As you can see, the 12-month moving average is a much cleaner, simpler and more easily understood measure of reporting the data. However, even this bit of analysis tells us very little about the real strength, or weakness, of the consumer. What is more important to understand is where consumers are, or are not, spending money. In an economy that is 70% driven by consumer spending the importance of this report, which is part of the total personal consumption expenditures of GDP, should not be dismissed lightly.

Consumers only have a finite amount of money to spend from one month to the next. Therefore, it is important to understand where that money is being spent in order to understand the impact to overall economic growth. The problem with the latest retail sales data is that it shows a consumer that is beginning to struggle. We stated previously that:

"Not surprisingly, real personal consumption tracks real incomes, and with the sharp drop in income in January, higher payroll taxes, and a sharp rise in gasoline prices, it is very likely that real personal consumption will show a larger than expected decline in February."

This is exactly what happened. When digging into the retail sales numbers we find that sales of gasoline jumped by 5% and food and beverages rose by 0.8%. These two items made up roughly half of the entire increase in February's retail sales. This is critical because individuals weren't buying moregallons of gasoline, they were paying more for the same amount. The same goes with food and beverages. This means there is less money available for other discretionary, leisure and luxury items. Not surprisingly, there were declines in precisely those areas including furniture, electronics and appliances, sporting goods and music stores.

However, looking at month to month changes in the data tells us very little about the overall trends. It is the trend of the data that is important in determining the potential impact to economic growth in the future. The next chart utilizes the smoothed NSA retail sales data to look at the annual change in retail sales.

There are two important takeaways from this data. First, retail sales have clearly been weakening which is reflective of the slower economic growth rate currently. Secondly, although there is only limited data going back to 1992, whenever the annual percentage change in retail sales has declined below 4% the economy has been heading towards a recession.

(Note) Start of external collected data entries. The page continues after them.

-- ===== src/Fsm/Filter.antt =====
-- Which frames reach the action of a state.
use Prim.Native.Nat.{bit_and}
use ppsi.Bmc.Compare.{bmc_idcmp}
use ppsi.Bmc.Order.{bmc_pidcmp_iff, memcmp_eq, memcmp_refl}
use ppsi.Ds.{Globals, State, ppm_announce}
use ppsi.Fsm.Change.{same_state_eq}
use ppsi.Fsm.Frame.{
  alternate_master_flag, fsm_unpack_verify_frame, ignores_messages, pp_packet_prefilter,
}
use ppsi.Fsm.Machine.{Calls, pp_state_machine, receive}
use ppsi.Msg.Bytes.{Buffer}
use ppsi.Prelude.{arith, none, pos, refl, some, true, ℕ, ◌<◌, ◌↔◌, ◌≡◌, ◌≢◌}

-- The rules of clauses 9.2.5, 9.5.1, 9.5.2.2 and 17.4.2 of the standard for the frame whose header
-- the instance holds.
abbrev pub IsAccepted : Globals → ℕ → Type 0
IsAccepted g ppi =
    ((g.inst ppi).received_ptp_header.domain_number ≡ g.default_ds.domain_number)
    × (bit_and (g.inst ppi).received_ptp_header.flag_field_0 alternate_master_flag ≡ 0)
    × ((g.inst ppi).received_ptp_header.source_port_identity ≢ (g.inst ppi).port_ds.port_identity)
    × ((g.inst ppi).received_ptp_header.source_port_identity.clock_identity
          ≡ (g.inst ppi).port_ds.port_identity.clock_identity
        → 1 < g.default_ds.number_ports
        → (g.inst ppi).received_ptp_header.message_type ≡ ppm_announce)
    × ((g.inst ppi).state ≢ State.initializing)
    × ((g.inst ppi).state ≢ State.disabled)
    × ((g.inst ppi).state ≢ State.faulty)

-- The filter accepts a frame just when it meets every rule.
pub pp_packet_prefilter_iff :
    (g : Globals) (ppi : ℕ) → (pp_packet_prefilter g ppi ≡ true) ↔ IsAccepted g ppi
unfolding pp_packet_prefilter ignores_messages bmc_idcmp
pp_packet_prefilter_iff g ppi = (
  λ h. ground (
    arith,
    bmc_pidcmp_iff (g.inst ppi).received_ptp_header.source_port_identity
        (g.inst ppi).port_ds.port_identity,
    memcmp_refl (g.inst ppi).port_ds.port_identity.clock_identity.id,
  ),
  λ h. ground (
    arith,
    bmc_pidcmp_iff (g.inst ppi).received_ptp_header.source_port_identity
        (g.inst ppi).port_ds.port_identity,
    same_state_eq (g.inst ppi).state State.initializing,
    same_state_eq (g.inst ppi).state State.disabled,
    same_state_eq (g.inst ppi).state State.faulty,
    memcmp_eq (g.inst ppi).received_ptp_header.source_port_identity.clock_identity.id
        (g.inst ppi).port_ds.port_identity.clock_identity.id,
  ),
)

receive-bad :
    (g : Globals) (ppi : ℕ) (buf : Buffer) (len : ℕ)
    → fsm_unpack_verify_frame (some buf) len ≡ none
    → receive g ppi (some buf) (pos len) ≡ receive g ppi none (pos 0)
unfolding receive fsm_unpack_verify_frame
receive-bad g ppi buf len h = ground arith

-- A frame that fails the checks on its length, type and version is as good as none.
pub pp_state_machine-bad_frame :
    (calls : Calls) (g : Globals) (ppi : ℕ) (buf : Buffer) (len : ℕ)
    → fsm_unpack_verify_frame (some buf) len ≡ none
    → pp_state_machine calls g ppi (some buf) (pos len) ≡ pp_state_machine calls g ppi none (pos 0)
unfolding pp_state_machine
pp_state_machine-bad_frame calls g ppi buf len h = rw (receive-bad g ppi buf len h) refl
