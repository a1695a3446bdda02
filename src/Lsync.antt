-- ===== src/Lsync.antt =====
-- proto-ext-l1sync: the state machine of the L1Sync extension (annex L of IEEE 1588-2019), and its
-- message.
pub mod Port
pub mod Events
pub mod Steps
pub mod Order
pub mod Run
pub mod Packing
pub mod Peer
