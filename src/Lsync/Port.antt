-- ===== src/Lsync/Port.antt =====
-- The L1Sync state of a port: proto-ext-l1sync/l1e-api.h.
use ppsi.Ds.{Globals, PpTime}
use ppsi.Fsm.Link.{FsmHooks}
use ppsi.Prelude.{Bool, List, negsuc, pos, update, ℕ, ℤ, ◌*◌, ◌+◌, ◌-◌, ◌^◌, ◌∷◌}

-- enum l1_sync_states; `beyond` is any value past the table of actions.
pub data SyncState : Type 0 where
  sync_missing sync_disabled sync_idle sync_link_alive sync_config_match sync_up beyond : SyncState

abbrev pub sync_value : SyncState → ℕ
sync_value SyncState.sync_missing = 0
sync_value SyncState.sync_disabled = 1
sync_value SyncState.sync_idle = 2
sync_value SyncState.sync_link_alive = 3
sync_value SyncState.sync_config_match = 4
sync_value SyncState.sync_up = 5
sync_value SyncState.beyond = 6

-- L1SyncBasicPortDS_t with execute_state_machine, and the servo's readyForSync.
pub record SyncPort : Type 0 where
  pub l1sync_enabled : Bool
  pub tx_coherent_is_required : Bool
  pub rx_coherent_is_required : Bool
  pub congruent_is_required : Bool
  pub log_l1sync_interval : ℤ
  pub l1sync_receipt_timeout : ℕ
  pub l1sync_link_alive : Bool
  pub is_tx_coherent : Bool
  pub is_rx_coherent : Bool
  pub is_congruent : Bool
  pub l1sync_state : SyncState
  pub peer_tx_coherent_is_required : Bool
  pub peer_rx_coherent_is_required : Bool
  pub peer_congruent_is_required : Bool
  pub peer_is_tx_coherent : Bool
  pub peer_is_rx_coherent : Bool
  pub peer_is_congruent : Bool
  pub l1sync_next_state : SyncState
  pub execute_state_machine : Bool
  pub l1e_ready_for_sync : Bool

-- The calls that leave the extension: its message, the hardware and its servo.
pub data SyncCall : Type 0 where
  send_l1sync pll_enable pll_disable ptracker_enable l1e_servo_init l1e_servo_reset : SyncCall

pub record SyncWorld : Type 0 where
  pub sync_globals : Globals
  pub sync_ports : ℕ → SyncPort
  pub sync_calls : ℕ → List SyncCall

abbrev pub set_sync : SyncWorld → ℕ → SyncPort → SyncWorld
set_sync w ppi q = record w { sync_ports = update w.sync_ports ppi q }

abbrev pub set_sync_globals : SyncWorld → Globals → SyncWorld
set_sync_globals w g = record w { sync_globals = g }

abbrev pub sync_call : SyncWorld → ℕ → SyncCall → SyncWorld
sync_call w ppi c = record w { sync_calls = update w.sync_calls ppi (c ∷ w.sync_calls ppi) }

-- What the environment answers: is the PLL locked, and what does the clock show before and after a
-- message is sent?
pub record SyncEnv : Type 0 where
  pub sync_hooks : FsmHooks
  pub is_locked : SyncWorld → ℕ → Bool
  pub clock_before : SyncWorld → ℕ → PpTime
  pub clock_after : SyncWorld → ℕ → PpTime

-- l1e_get_rx_tmo_ms, for the intervals from 2^-8 seconds on
unfoldable pub l1e_get_rx_tmo_ms : SyncPort → ℤ
l1e_get_rx_tmo_ms q = pos (interval_ms q.log_l1sync_interval * q.l1sync_receipt_timeout)
  where
    interval_ms : ℤ → ℕ
    interval_ms (pos n) = 4 * 2 ^ (n + 8)
    interval_ms (negsuc n) = 4 * 2 ^ (8 - (n + 1))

At the current rate of decline there is a high probability that this 4% warning line will be violated in the next few months.

While retail sales are very important to the overall economy the current preliminary data, like employment, is VERY subject to future revisions. This makes analyzing the current data almost useless in predicting future economic growth or weakness. My friend Doug Short just recently picked up on this same issue in his recent post stating:

Here is a visualization of the change from the first to third estimates from January 2007 through December 2012, the most recent month for which we have data points.

Are the sizes of these numbers significant? Consider: Over the same timeframe, the month-over-month absolute mean change of the latest revised retail sales series is 0.83%. A more dramatic way of thinking about this is as follows: Since 2007 the absolute second revision divided by the absolute mean advance estimate is a whopping 46%.

The message is clear: Don't take the initial retail sales data too seriously, which is the same message we saw for last Friday's jobs data.

While mainstream pundits fell all over themselves about the "return of the consumer" - they should have been shocked by the impact of the rising inflationary pressures on the consumer. Of course, the BLS will revise much of those away in the future CPI reports particularly since food and gasoline is excluded from the core reading. Despite commentary to the contrary the decline in incomes from higher taxes, stagnant wage growth and rising costs of living is impacting the average family's ability to maintain their current standard of living. Of course, this is also why the personal savings rate has plunged to below 3%, consumer debt levels, ex-mortgage debt, are on the rise and retirement age individuals are still actively employed. This isn't the backdrop that leads to stronger, organic, economic growth in the future.